The acceleration due to gravity, denoted as \( g \), is a key concept when dealing with objects in free fall, like the ball released from a tower in our example. On Earth, this acceleration has a constant value of approximately \( 9.81 \, \text{m/s}^2 \). This means that any object falling freely under the influence of gravity will accelerate at this rate, regardless of its mass.

When an object is released from rest, its initial velocity \( u \) is zero. In such a scenario, the velocity of the object at any moment can be calculated using the formula \( v = u + gt \), where \( t \) is the timeElapsed since the object started falling. This concept simplifies calculations, as shown in the solution where the initial velocity is zero which simplifies our equations for distance traveled.

Understanding \( g \) is crucial for calculating how fast an object speeds up as it falls, as well as the distance it covers over time. This applies to a wide range of practical and theoretical problems involving motion under gravity.

Kinematics is the branch of physics that describes the motion of objects without considering the forces that cause this motion. For the problem at hand, we use kinematic equations to determine how far the ball travels each second as it falls from the tower.

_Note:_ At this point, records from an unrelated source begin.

-- ===== src/Exchange/OrderBook/Sweep/Loop.antt =====
-- exchange/matcher/me_order_book.cpp, the loop of checkForMatch() as a sweep of a list of orders.
use zquant_system.Prelude.{
  ℕ, zero, suc, ◌-◌, min, ◌≡◌, refl, sym, ◌∙◌, ap, subst, inl, inr, Bool, true, false, not, List,
  [], ◌∷◌, ◌++◌, append-nil, arith, ◌==◌, Bool-cases, concat_map,
}
use zquant_system.Common.Types.{TickerId, ClientId, OrderId, Price, Qty, Side, is_buy}
use zquant_system.Common.Fault.{
  Fault, Result, Outcome, NoFault, out_of_fuel, returns, stops, bind, weaken,
}
use zquant_system.Book.{Ptr, Book, order_at, best_of}
use zquant_system.Book.Ring.{has, IsDistinct}
use zquant_system.Book.Ladder.Sorted.{is_traded}
use zquant_system.Book.View.{View, Represents, orders}
use zquant_system.Book.View.Shape.{SameOrder}
use zquant_system.Messages.{MeClientResponse}
use zquant_system.Exchange.OrderBook.Frame.{append_trans}
use zquant_system.Exchange.OrderBook.{MeOrderKey, ClientOrderHashMap, MeOrderBook, match_loop}
use zquant_system.Exchange.OrderBook.MatchOrder.{fill_responses}
use zquant_system.Exchange.OrderBook.PriceTime.{
  Execution, fill_of, IsFiled, Stepped, match_order-Stepped,
}
use zquant_system.Exchange.OrderBook.Sweep.{after, sweep, sweep-same, best_first, no_first}

no_fault :
    {S A : Type 0} {F : Fault → Type 0} {P : A → S → Type 0} {r : Result (A × S)}
    → Outcome NoFault P r
    → Outcome F P r
no_fault (returns p) = returns p
no_fault (stops f) = absurd (ground arith)

module _ (ticker_id : TickerId) (client_id : ClientId) (side : Side)
    (client_order_id market_order_id : OrderId) (passive_side : Side)
    (stops_at : Price → Bool) where
  abbrev pub reported : Book MeOrderKey ClientOrderHashMap → Execution → List MeClientResponse
  reported b e =
      fill_responses ticker_id client_id side client_order_id market_order_id (fill_of b e)

  -- What the loop does is the sweep of the list of orders, and the book stands for what is left.
  pub record SweptBook (s : MeOrderBook) (v : View) (os : List ℕ) (leaves left : Qty)
      (t : MeOrderBook) : Type 0 where
    pub view : View
    pub represents : Represents t.book view
    pub left_is : left ≡ (sweep stops_at s.book leaves os).left
    pub orders_are : orders passive_side view ≡ (sweep stops_at s.book leaves os).stay
    pub other_side :
        (z : Side)
        → is_traded z ≡ true
        → is_buy z ≡ not (is_buy passive_side)
        → orders z view ≡ orders z v
    pub responses :
        t.client_responses
        ≡ s.client_responses
          ++ concat_map (reported s.book) (sweep stops_at s.book leaves os).executions

  abbrev pub IsOutOfFuel : Fault → Type 0
  IsOutOfFuel e = e ≡ out_of_fuel

  -- The executions of a sweep are reported from the orders that it reads.
  reported-same :
      (b c : Book MeOrderKey ClientOrderHashMap) (leaves : Qty) (ps : List ℕ)
      → ((i : ℕ) → has i ps ≡ true → SameOrder i b c)
      → concat_map (reported c) (sweep stops_at b leaves ps).executions
        ≡ concat_map (reported b) (sweep stops_at b leaves ps).executions
  unfolding sweep
  reported-same b c leaves [] h = refl
  reported-same b c leaves (p ∷ ps) h = elim (Bool-cases (leaves == 0)) [
    | inl e ↦ rw e refl
    | inr e ↦ elim (Bool-cases (stops_at (order_at p b).price)) [
      | inl f ↦ rw (e, f) refl
      | inr f ↦ elim (Bool-cases ((order_at p b).qty - min leaves (order_at p b).qty == 0)) [
        | inl g ↦
            rw (e, f, g)
              (ap (λ rs. reported c one ++ rs)
                  (reported-same b c (leaves - min leaves (order_at p b).qty) ps
                    (λ i m. h i (ground arith)))
                ∙ ap
                    (λ rs.
                      rs
                      ++ concat_map (reported b)
                          (sweep stops_at b (leaves - min leaves (order_at p b).qty) ps).executions)
                    one_same)
        | inr g ↦ rw (e, f, g) (ap (λ rs. rs ++ []) one_same)
      ]
    ]
  ]
    where
      one : Execution
      one = record {
        order = p;
        qty = min leaves (order_at p b).qty;
        leaves = leaves - min leaves (order_at p b).qty;
      }

      same : SameOrder p b c
      same = h p (ground arith)

      one_same : reported c one ≡ reported b one
      one_same = rw (same.key, same.side, same.price, same.qty) refl

  stopped :
      (s : MeOrderBook) (v : View) (os : List ℕ) (leaves : Qty)
      → Represents s.book v
      → orders passive_side v ≡ os
      → sweep stops_at s.book leaves os ≡ record { executions = []; left = leaves; stay = os }
      → SweptBook s v os leaves leaves s
  stopped s v os leaves r e f = record {
    view = v;
    represents = r;
    left_is = ap (λ x. x.left) (sym f);
    orders_are = e ∙ ap (λ x. x.stay) (sym f);
    other_side = λ z hz eq. refl;
    responses = sym (
        ap (λ x. s.client_responses ++ concat_map (reported s.book) x.executions) f
        ∙ append-nil s.client_responses);
  }

  abbrev one_of : MeOrderBook → Qty → ℕ → Execution
  one_of s leaves p = record {
    order = p;
    qty = min leaves (order_at p s.book).qty;
    leaves = leaves - min leaves (order_at p s.book).qty;
  }

  module _ (s t : MeOrderBook) (v : View) (p : ℕ) (ps : List ℕ) (leaves left : Qty)
      (d : IsDistinct (p ∷ ps))
      (k : Stepped ticker_id client_id side client_order_id market_order_id passive_side s v p ps
        leaves left t)
      (more : (leaves == 0) ≡ false) (goes_on : stops_at (order_at p s.book).price ≡ false) where
    rest_same : (i : ℕ) → has i ps ≡ true → SameOrder i s.book t.book
    rest_same i m = k.same i (λ e. ground arith)

    -- The order is used up, and the rest of the list is swept.
    used_up :
        (left' : Qty) (u : MeOrderBook)
        → ((order_at p s.book).qty - min leaves (order_at p s.book).qty == 0) ≡ true
        → SweptBook t k.view ps left left' u
        → SweptBook s v (p ∷ ps) leaves left' u
    unfolding sweep
    used_up left' u g h = record {
      view = h.view;
      represents = h.represents;
      left_is = h.left_is ∙ ap (λ x. x.left) rest_is ∙ sym (ap (λ x. x.left) step);
      orders_are = h.orders_are ∙ ap (λ x. x.stay) rest_is ∙ sym (ap (λ x. x.stay) step);
      other_side = λ z hz eq. h.other_side z hz eq ∙ k.other_side z hz eq;
      responses =
          append_trans _ _ _ _ _ k.responses (
            h.responses
            ∙ ap (λ x. t.client_responses ++ concat_map (reported t.book) x.executions) rest_is
            ∙ ap (λ rs. t.client_responses ++ rs) (reported-same s.book t.book _ ps rest_same))
          ∙ sym (ap (λ x. s.client_responses ++ concat_map (reported s.book) x.executions) step);
    }
      where
        rest_is :
            sweep stops_at t.book left ps
            ≡ sweep stops_at s.book (leaves - min leaves (order_at p s.book).qty) ps
        rest_is =
            sweep-same stops_at s.book t.book left ps rest_same
            ∙ ap (λ x. sweep stops_at s.book x ps) k.left_is

        step :
            sweep stops_at s.book leaves (p ∷ ps)
            ≡ after
                (one_of s leaves p)
                (sweep stops_at s.book (leaves - min leaves (order_at p s.book).qty) ps)
        step = rw (more, goes_on, g) refl

    -- The new order is used up.
    not_used_up :
        ((order_at p s.book).qty - min leaves (order_at p s.book).qty == 0) ≡ false
        → SweptBook s v (p ∷ ps) leaves left t
    unfolding sweep
    not_used_up g = record {
      view = k.view;
      represents = k.represents;
      left_is = k.left_is ∙ sym (ap (λ x. x.left) step);
      orders_are = k.orders_are ∙ rw g refl ∙ sym (ap (λ x. x.stay) step);
      other_side = k.other_side;
      responses =
          k.responses
          ∙ ap (λ rs. s.client_responses ++ rs) (sym (append-nil _))
          ∙ sym (ap (λ x. s.client_responses ++ concat_map (reported s.book) x.executions) step);
    }
      where
        step : sweep stops_at s.book leaves (p ∷ ps) ≡ record {
          executions = one_of s leaves p ∷ [];
          left = leaves - min leaves (order_at p s.book).qty;
          stay = p ∷ ps;
        }
        step = rw (more, goes_on, g) refl

    nothing_left :
        ((order_at p s.book).qty - min leaves (order_at p s.book).qty == 0) ≡ false → left ≡ 0
    nothing_left g = ground (arith, k.left_is)

  SameOrder-IsFiled :
      (b c : Book MeOrderKey ClientOrderHashMap) (i : ℕ)
      → SameOrder i b c
      → IsFiled b i
      → IsFiled c i
  SameOrder-IsFiled b c i k h = rw (k.key) h

  module _ (queue : Book MeOrderKey ClientOrderHashMap → Ptr)
      (queue_is : (b : Book MeOrderKey ClientOrderHashMap) → queue b ≡ best_of passive_side b)
      (traded : is_traded passive_side ≡ true) where
    -- With nothing left the loop ends.
    match_loop_done :
        (fuel : ℕ) (s : MeOrderBook)
        → Outcome IsOutOfFuel
            (λ left t. (left ≡ 0) × (t ≡ s))
            (match_loop fuel ticker_id client_id side client_order_id market_order_id queue stops_at
              0 s)
    unfolding match_loop
    match_loop_done zero s = stops refl
    match_loop_done (suc fuel) s = returns (refl, refl)

    pub match_loop-SweptBook :
        (fuel : ℕ) (leaves : Qty) (s : MeOrderBook) (v : View) (os : List ℕ)
        → Represents s.book v
        → orders passive_side v ≡ os
        → IsDistinct os
        → ((i : ℕ) → has i os ≡ true → IsFiled s.book i)
        → Outcome IsOutOfFuel
            (λ left t. SweptBook s v os leaves left t)
            (match_loop fuel ticker_id client_id side client_order_id market_order_id queue stops_at
              leaves s)
    unfolding match_loop sweep
    match_loop-SweptBook zero leaves s v os r e d filed = stops refl
    match_loop-SweptBook (suc fuel) leaves s v [] r e d filed = elim (Bool-cases (leaves == 0)) [
      | inl z ↦ rw (z, match_loop) (returns (stopped s v [] leaves r e refl))
      | inr z ↦
          rw (z, queue_is s.book, no_first s.book v passive_side r traded e, match_loop)
            (returns (stopped s v [] leaves r e refl))
    ]
    match_loop-SweptBook (suc fuel) leaves s v (p ∷ ps) r e d filed =
        let (l, best, first) = best_first s.book v passive_side r traded p ps e in
        elim (Bool-cases (leaves == 0)) [
          | inl z ↦ rw (z, match_loop) (returns (stopped s v (p ∷ ps) leaves r e (rw z refl)))
          | inr z ↦ elim (Bool-cases (stops_at (order_at p s.book).price)) [
            | inl f ↦
                rw (z, queue_is s.book, best, first, f, match_loop)
                  (returns (stopped s v (p ∷ ps) leaves r e (rw (z, f) refl)))
            | inr f ↦
                rw (z, queue_is s.book, best, first, f, match_loop)
                  (bind
                    (no_fault (
                      match_order-Stepped ticker_id client_id side client_order_id market_order_id
                        passive_side s v p ps leaves r traded e (filed p (ground arith))))
                    (λ left t k.
                      elim (Bool-cases
                        ((order_at p s.book).qty - min leaves (order_at p s.book).qty == 0)) [
                          | inl g ↦
                              weaken
                                (match_loop-SweptBook fuel left t k.view ps k.represents
                                  (k.orders_are ∙ rw g refl) d.1
                                  (λ i m.
                                    SameOrder-IsFiled s.book t.book i (k.same i (λ e. ground arith))
                                      (filed i (ground arith))))
                                (λ left' u h. used_up s t v p ps leaves left d k z f left' u g h)
                          | inr g ↦
                              subst
                                (λ n. Outcome IsOutOfFuel (SweptBook s v (p ∷ ps) leaves) (
                                  match_loop fuel ticker_id client_id side client_order_id
                                    market_order_id queue stops_at n t))
                                (sym (nothing_left s t v p ps leaves left d k z f g))
                                (weaken (match_loop_done fuel t) (λ left' u h.
                                  subst (λ n. SweptBook s v (p ∷ ps) leaves n u)
                                    (nothing_left s t v p ps leaves left d k z f g ∙ sym h.0)
                                    (subst (SweptBook s v (p ∷ ps) leaves left) (sym h.1)
                                      (not_used_up s t v p ps leaves left d k z f g))))
                        ]))
          ]
        ]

Since the ball falls freely from rest, our kinematic equation for distance (\( s_n \)) covered during the \( n \)-th second is highly useful:\[ s_n = u + \frac{1}{2} g (2n - 1) \] - Here, \( u \) is the initial velocity (zero in this case), \( g \) is the acceleration due to gravity, and \( n \) is the second under consideration.

From the given problem:

• First second: the ball falls a distance of \( \frac{g}{2} \).
• Second second: it covers an additional \( \frac{3g}{2} \).
• Third second: it falls \( \frac{5g}{2} \).

The calculations provide us step-by-step distances that help in further determining the work done by gravity, a direct consequence of kinetic analysis of the motion.

Motion under gravity refers to the way objects move when the only force acting on them is gravity. It's an exciting aspect of physics that describes scenarios similar to our exercise, where a ball is dropped from a great height.

In such motions, objects experience constant acceleration (which is acceleration due to gravity) and their paths are predictable using equations of motion. Importantly, all objects, regardless of their mass, fall at the same rate in a vacuum: approximately \( 9.81 \, \text{m/s}^2 \).
When examining an object's motion over specific intervals, such as different seconds of a fall, we use the concept of *displacement per time*. As demonstrated:

• During the first second, it displaces by \( \frac{g}{2} \).
• In the second, \( \frac{3g}{2} \) is covered.
• Finally, an additional \( \frac{5g}{2} \) is traversed in the third second.

This regular increase correlates to constant acceleration effect, providing insights into how work done by gravity affects motion.